#### Activity
Output only the lines of the entries that follow, starting at the one with "found = found;" and running down to the one with "(λ st' p. p)", both included and unchanged.

Entries supplied START

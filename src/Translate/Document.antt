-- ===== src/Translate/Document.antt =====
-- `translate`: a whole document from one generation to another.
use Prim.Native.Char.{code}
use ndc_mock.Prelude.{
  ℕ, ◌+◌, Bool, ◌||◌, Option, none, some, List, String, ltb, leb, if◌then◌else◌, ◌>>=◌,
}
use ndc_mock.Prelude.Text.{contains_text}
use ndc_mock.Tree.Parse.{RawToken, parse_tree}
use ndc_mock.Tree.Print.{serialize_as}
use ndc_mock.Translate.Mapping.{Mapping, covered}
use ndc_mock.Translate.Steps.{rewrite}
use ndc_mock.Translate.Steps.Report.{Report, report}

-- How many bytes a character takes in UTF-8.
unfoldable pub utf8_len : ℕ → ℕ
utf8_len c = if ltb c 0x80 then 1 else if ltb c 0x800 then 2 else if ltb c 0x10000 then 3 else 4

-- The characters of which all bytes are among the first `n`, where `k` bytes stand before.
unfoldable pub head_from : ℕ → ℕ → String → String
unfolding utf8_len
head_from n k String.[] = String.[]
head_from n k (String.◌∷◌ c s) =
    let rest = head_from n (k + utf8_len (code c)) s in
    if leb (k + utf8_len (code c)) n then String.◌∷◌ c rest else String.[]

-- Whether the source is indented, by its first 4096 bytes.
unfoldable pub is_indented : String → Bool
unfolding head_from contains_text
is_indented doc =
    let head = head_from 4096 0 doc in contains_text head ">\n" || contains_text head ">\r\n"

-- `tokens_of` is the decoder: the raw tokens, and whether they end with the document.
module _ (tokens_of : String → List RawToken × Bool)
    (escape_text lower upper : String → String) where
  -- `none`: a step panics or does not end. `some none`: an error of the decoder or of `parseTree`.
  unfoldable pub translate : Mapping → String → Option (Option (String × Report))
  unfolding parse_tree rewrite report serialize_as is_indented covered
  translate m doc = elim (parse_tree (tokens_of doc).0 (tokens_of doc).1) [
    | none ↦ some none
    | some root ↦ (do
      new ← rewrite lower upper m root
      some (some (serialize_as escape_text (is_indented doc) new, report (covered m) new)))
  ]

Entries supplied END
Entries supplied START

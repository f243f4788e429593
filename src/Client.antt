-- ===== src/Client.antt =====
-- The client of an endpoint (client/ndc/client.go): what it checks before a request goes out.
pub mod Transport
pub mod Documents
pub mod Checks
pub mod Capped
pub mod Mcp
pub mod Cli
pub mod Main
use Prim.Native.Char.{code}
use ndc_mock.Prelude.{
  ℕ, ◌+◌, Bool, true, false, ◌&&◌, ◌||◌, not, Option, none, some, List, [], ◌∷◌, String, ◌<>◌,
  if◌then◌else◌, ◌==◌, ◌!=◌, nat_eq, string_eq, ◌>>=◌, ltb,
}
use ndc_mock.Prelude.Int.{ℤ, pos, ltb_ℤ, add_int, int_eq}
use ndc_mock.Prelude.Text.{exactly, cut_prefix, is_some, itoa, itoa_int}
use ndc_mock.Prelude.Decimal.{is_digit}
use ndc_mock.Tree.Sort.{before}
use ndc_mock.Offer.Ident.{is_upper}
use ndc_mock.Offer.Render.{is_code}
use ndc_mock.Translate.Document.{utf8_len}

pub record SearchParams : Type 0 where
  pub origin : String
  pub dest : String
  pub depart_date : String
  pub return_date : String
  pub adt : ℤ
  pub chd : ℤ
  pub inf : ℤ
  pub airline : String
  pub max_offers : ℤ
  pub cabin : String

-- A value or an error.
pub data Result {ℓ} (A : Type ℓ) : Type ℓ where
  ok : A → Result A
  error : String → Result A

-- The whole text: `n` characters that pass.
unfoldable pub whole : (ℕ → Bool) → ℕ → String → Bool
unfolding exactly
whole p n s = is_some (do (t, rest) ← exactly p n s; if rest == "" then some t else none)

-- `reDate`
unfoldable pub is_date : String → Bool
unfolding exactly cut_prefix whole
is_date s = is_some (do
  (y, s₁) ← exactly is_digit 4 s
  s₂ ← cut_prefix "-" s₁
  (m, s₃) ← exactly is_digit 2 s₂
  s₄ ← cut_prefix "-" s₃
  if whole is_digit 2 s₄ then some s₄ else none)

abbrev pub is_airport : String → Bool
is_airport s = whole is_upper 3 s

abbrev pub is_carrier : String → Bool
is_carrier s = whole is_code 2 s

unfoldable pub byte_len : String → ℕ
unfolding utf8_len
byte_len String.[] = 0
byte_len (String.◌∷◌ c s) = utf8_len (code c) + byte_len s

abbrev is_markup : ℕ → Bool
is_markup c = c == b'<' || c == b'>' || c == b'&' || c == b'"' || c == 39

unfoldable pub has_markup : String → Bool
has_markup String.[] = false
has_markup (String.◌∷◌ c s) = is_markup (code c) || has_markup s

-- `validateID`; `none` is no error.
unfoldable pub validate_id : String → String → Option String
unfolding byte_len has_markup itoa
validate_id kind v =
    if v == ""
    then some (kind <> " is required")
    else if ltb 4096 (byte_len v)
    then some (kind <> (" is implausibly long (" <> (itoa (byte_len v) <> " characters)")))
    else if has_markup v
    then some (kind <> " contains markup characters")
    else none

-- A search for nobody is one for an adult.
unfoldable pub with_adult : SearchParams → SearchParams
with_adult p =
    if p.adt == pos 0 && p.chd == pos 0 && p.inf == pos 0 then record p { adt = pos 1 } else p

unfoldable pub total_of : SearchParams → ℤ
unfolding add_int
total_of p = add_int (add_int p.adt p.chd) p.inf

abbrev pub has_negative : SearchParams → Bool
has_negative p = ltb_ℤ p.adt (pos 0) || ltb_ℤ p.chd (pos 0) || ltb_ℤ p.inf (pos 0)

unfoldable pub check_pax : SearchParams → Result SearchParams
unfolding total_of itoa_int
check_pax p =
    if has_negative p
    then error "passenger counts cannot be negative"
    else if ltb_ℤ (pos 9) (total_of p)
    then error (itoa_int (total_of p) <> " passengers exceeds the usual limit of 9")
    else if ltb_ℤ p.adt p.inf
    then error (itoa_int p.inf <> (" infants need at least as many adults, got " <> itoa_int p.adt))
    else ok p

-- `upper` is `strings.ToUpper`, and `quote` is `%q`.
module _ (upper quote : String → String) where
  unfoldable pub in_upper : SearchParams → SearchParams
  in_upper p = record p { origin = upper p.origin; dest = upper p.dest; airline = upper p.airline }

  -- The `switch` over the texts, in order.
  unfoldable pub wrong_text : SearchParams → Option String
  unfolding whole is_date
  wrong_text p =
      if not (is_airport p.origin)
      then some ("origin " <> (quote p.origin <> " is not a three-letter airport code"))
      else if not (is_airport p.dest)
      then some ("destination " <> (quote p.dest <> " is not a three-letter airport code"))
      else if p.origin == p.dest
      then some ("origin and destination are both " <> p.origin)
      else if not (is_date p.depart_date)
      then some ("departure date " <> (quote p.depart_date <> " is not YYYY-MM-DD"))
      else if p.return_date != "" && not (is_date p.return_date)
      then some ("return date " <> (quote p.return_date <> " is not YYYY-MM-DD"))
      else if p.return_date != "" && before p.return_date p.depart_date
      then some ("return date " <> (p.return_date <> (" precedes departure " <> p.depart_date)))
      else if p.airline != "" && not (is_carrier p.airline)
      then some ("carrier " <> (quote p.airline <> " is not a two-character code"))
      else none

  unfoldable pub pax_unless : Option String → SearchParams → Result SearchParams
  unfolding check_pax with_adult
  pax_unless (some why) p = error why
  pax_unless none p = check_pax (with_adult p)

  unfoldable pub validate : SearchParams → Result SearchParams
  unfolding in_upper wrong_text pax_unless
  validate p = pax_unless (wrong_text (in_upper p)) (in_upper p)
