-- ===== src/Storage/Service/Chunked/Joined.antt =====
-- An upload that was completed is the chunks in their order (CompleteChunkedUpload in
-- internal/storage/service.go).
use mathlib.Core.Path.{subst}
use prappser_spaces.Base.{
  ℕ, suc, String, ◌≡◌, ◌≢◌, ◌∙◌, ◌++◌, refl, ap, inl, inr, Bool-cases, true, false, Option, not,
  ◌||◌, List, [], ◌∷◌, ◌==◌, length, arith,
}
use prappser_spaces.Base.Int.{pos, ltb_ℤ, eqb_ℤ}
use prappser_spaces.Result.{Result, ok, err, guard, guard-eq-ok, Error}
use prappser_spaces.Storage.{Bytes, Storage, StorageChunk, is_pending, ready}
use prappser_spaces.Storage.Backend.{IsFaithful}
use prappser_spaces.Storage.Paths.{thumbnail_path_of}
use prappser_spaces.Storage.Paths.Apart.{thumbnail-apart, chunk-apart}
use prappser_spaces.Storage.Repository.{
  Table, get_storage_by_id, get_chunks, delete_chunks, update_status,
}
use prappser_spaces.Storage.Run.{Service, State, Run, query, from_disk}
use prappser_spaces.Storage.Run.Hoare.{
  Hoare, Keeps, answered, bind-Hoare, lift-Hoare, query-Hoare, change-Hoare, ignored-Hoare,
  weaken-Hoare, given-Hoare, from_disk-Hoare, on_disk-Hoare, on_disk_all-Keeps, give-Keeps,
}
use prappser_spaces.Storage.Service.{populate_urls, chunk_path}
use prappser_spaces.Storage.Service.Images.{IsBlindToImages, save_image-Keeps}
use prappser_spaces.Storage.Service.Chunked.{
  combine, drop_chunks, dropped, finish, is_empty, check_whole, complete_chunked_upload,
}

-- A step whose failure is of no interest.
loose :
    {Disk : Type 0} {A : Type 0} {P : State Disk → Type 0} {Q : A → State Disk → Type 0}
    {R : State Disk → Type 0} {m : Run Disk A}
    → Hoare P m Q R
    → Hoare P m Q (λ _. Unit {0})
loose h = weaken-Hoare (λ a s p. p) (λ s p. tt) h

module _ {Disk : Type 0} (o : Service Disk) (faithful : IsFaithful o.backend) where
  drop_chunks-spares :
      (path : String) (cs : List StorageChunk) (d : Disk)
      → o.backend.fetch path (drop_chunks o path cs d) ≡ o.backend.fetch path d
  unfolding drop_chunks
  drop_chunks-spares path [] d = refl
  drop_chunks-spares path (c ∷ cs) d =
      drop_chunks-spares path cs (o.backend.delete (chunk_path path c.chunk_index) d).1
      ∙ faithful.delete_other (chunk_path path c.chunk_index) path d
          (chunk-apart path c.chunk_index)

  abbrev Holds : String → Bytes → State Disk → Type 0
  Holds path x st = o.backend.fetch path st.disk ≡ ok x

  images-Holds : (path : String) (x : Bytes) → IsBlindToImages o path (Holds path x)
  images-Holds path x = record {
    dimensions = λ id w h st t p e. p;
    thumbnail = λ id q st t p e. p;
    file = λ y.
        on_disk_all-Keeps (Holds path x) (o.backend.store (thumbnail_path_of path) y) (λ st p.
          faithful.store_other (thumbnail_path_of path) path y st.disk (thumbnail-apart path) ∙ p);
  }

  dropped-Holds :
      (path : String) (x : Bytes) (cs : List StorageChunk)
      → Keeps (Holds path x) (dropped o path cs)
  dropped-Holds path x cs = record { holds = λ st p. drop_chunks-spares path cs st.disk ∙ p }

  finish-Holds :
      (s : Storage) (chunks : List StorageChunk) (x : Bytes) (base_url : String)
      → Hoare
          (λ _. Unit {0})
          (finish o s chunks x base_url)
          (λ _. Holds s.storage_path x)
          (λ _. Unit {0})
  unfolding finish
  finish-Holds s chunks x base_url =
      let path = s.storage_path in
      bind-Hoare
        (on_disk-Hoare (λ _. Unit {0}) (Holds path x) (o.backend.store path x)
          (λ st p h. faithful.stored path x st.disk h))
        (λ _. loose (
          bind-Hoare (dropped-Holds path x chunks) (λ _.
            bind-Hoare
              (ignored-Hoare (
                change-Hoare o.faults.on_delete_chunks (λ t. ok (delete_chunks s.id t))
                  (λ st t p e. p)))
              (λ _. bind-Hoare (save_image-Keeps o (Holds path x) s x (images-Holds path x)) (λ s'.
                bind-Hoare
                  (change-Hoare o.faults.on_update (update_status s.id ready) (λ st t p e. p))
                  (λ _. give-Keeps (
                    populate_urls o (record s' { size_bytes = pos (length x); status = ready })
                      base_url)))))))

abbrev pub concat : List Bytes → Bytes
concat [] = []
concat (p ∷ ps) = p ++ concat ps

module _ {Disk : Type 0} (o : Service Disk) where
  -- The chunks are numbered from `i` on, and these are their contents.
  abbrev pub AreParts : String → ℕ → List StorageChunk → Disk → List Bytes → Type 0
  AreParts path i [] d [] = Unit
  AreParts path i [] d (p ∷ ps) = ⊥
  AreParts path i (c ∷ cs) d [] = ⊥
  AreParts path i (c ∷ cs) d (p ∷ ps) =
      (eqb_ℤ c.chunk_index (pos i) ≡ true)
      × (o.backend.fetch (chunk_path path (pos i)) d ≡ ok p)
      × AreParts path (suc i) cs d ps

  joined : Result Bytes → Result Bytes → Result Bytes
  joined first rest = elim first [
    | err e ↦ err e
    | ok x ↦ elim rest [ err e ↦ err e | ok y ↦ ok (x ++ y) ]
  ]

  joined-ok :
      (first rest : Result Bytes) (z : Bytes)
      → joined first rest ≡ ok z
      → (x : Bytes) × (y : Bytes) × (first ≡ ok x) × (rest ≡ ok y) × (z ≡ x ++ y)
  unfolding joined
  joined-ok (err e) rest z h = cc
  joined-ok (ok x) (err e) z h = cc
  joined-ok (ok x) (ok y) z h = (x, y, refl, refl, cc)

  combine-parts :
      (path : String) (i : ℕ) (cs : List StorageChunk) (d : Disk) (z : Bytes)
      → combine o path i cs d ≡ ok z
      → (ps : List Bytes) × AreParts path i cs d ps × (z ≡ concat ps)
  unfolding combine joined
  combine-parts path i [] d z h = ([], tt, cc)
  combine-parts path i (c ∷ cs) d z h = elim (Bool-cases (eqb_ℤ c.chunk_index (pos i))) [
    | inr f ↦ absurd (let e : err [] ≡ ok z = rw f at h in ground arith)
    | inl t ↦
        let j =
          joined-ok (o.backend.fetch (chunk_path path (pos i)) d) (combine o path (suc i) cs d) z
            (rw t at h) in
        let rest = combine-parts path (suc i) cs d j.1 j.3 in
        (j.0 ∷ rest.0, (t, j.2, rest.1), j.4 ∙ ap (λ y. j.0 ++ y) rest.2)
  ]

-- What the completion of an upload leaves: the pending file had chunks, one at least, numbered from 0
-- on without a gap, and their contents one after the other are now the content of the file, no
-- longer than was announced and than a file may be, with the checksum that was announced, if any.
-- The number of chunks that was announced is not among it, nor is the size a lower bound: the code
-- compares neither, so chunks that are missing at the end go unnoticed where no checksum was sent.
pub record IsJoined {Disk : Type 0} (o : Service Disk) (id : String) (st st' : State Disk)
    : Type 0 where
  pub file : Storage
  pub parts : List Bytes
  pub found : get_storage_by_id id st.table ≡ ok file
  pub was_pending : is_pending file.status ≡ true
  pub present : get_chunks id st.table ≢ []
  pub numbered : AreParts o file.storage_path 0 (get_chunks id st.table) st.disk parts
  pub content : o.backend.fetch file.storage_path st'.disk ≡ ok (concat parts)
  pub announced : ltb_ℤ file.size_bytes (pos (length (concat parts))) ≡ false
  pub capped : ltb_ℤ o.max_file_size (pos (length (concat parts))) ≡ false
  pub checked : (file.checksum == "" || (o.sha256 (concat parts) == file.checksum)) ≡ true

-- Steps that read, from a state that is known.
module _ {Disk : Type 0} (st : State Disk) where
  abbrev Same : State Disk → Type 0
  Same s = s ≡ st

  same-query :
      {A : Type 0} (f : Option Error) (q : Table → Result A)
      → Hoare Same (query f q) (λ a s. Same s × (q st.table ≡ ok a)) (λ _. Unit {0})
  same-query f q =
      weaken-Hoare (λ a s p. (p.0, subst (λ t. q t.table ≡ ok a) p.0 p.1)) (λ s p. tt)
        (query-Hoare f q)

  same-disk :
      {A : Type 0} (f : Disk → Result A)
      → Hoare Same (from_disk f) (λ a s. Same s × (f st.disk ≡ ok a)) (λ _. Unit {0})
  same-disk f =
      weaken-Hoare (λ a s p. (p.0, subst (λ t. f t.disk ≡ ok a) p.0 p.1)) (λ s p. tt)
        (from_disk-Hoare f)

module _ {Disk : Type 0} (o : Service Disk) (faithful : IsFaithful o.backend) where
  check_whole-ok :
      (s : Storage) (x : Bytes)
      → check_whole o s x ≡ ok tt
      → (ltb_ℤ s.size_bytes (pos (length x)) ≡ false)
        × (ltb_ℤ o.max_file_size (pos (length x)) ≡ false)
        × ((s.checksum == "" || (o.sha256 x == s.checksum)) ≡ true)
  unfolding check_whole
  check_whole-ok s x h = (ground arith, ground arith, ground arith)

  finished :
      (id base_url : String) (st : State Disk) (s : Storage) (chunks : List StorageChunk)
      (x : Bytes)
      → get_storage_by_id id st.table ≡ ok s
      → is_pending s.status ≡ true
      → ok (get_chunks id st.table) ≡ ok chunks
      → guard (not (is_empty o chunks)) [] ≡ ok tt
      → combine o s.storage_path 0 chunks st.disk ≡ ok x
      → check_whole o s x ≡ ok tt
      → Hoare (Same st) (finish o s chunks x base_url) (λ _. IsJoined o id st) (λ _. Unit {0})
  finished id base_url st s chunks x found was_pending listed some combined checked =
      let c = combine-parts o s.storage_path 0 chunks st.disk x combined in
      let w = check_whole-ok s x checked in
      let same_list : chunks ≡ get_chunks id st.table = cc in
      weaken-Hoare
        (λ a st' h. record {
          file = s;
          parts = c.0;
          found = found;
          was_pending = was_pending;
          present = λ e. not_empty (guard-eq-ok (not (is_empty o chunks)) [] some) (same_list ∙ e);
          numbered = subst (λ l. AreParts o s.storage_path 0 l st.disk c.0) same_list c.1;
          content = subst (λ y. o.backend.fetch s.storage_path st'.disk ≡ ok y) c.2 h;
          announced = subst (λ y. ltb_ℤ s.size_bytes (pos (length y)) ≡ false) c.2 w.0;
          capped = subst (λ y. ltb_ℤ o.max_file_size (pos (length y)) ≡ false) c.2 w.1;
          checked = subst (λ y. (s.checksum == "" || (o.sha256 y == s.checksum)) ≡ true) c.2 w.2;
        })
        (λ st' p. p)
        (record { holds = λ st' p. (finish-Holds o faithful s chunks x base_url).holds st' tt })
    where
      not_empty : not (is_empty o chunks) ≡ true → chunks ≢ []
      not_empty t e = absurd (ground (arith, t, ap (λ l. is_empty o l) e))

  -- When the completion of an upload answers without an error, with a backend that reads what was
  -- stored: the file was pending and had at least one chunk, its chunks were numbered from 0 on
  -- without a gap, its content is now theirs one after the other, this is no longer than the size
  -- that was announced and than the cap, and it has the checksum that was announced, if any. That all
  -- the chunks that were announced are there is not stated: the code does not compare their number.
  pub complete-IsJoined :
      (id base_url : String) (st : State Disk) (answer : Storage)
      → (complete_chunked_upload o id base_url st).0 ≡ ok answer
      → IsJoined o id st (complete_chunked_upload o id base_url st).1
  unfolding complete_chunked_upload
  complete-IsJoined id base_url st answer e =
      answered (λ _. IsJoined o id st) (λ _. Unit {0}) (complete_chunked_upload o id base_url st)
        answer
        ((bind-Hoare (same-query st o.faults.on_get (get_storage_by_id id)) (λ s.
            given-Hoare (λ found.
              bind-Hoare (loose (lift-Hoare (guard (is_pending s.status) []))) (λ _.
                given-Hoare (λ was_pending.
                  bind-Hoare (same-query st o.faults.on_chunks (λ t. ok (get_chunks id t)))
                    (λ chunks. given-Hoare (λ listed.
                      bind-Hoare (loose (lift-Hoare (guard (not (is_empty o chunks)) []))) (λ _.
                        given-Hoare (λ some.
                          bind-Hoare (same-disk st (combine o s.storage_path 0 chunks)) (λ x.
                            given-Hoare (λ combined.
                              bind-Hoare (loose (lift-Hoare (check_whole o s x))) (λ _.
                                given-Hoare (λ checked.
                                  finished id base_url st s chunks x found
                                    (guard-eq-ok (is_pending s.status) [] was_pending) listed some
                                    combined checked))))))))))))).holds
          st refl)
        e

Entries supplied END

#### Exercise result
          found = found;
          was_pending = was_pending;
          present = λ e. not_empty (guard-eq-ok (not (is_empty o chunks)) [] some) (same_list ∙ e);
          numbered = subst (λ l. AreParts o s.storage_path 0 l st.disk c.0) same_list c.1;
          content = subst (λ y. o.backend.fetch s.storage_path st'.disk ≡ ok y) c.2 h;
          announced = subst (λ y. ltb_ℤ s.size_bytes (pos (length y)) ≡ false) c.2 w.0;
          capped = subst (λ y. ltb_ℤ o.max_file_size (pos (length y)) ≡ false) c.2 w.1;
          checked = subst (λ y. (s.checksum == "" || (o.sha256 y == s.checksum)) ≡ true) c.2 w.2;
        })
        (λ st' p. p)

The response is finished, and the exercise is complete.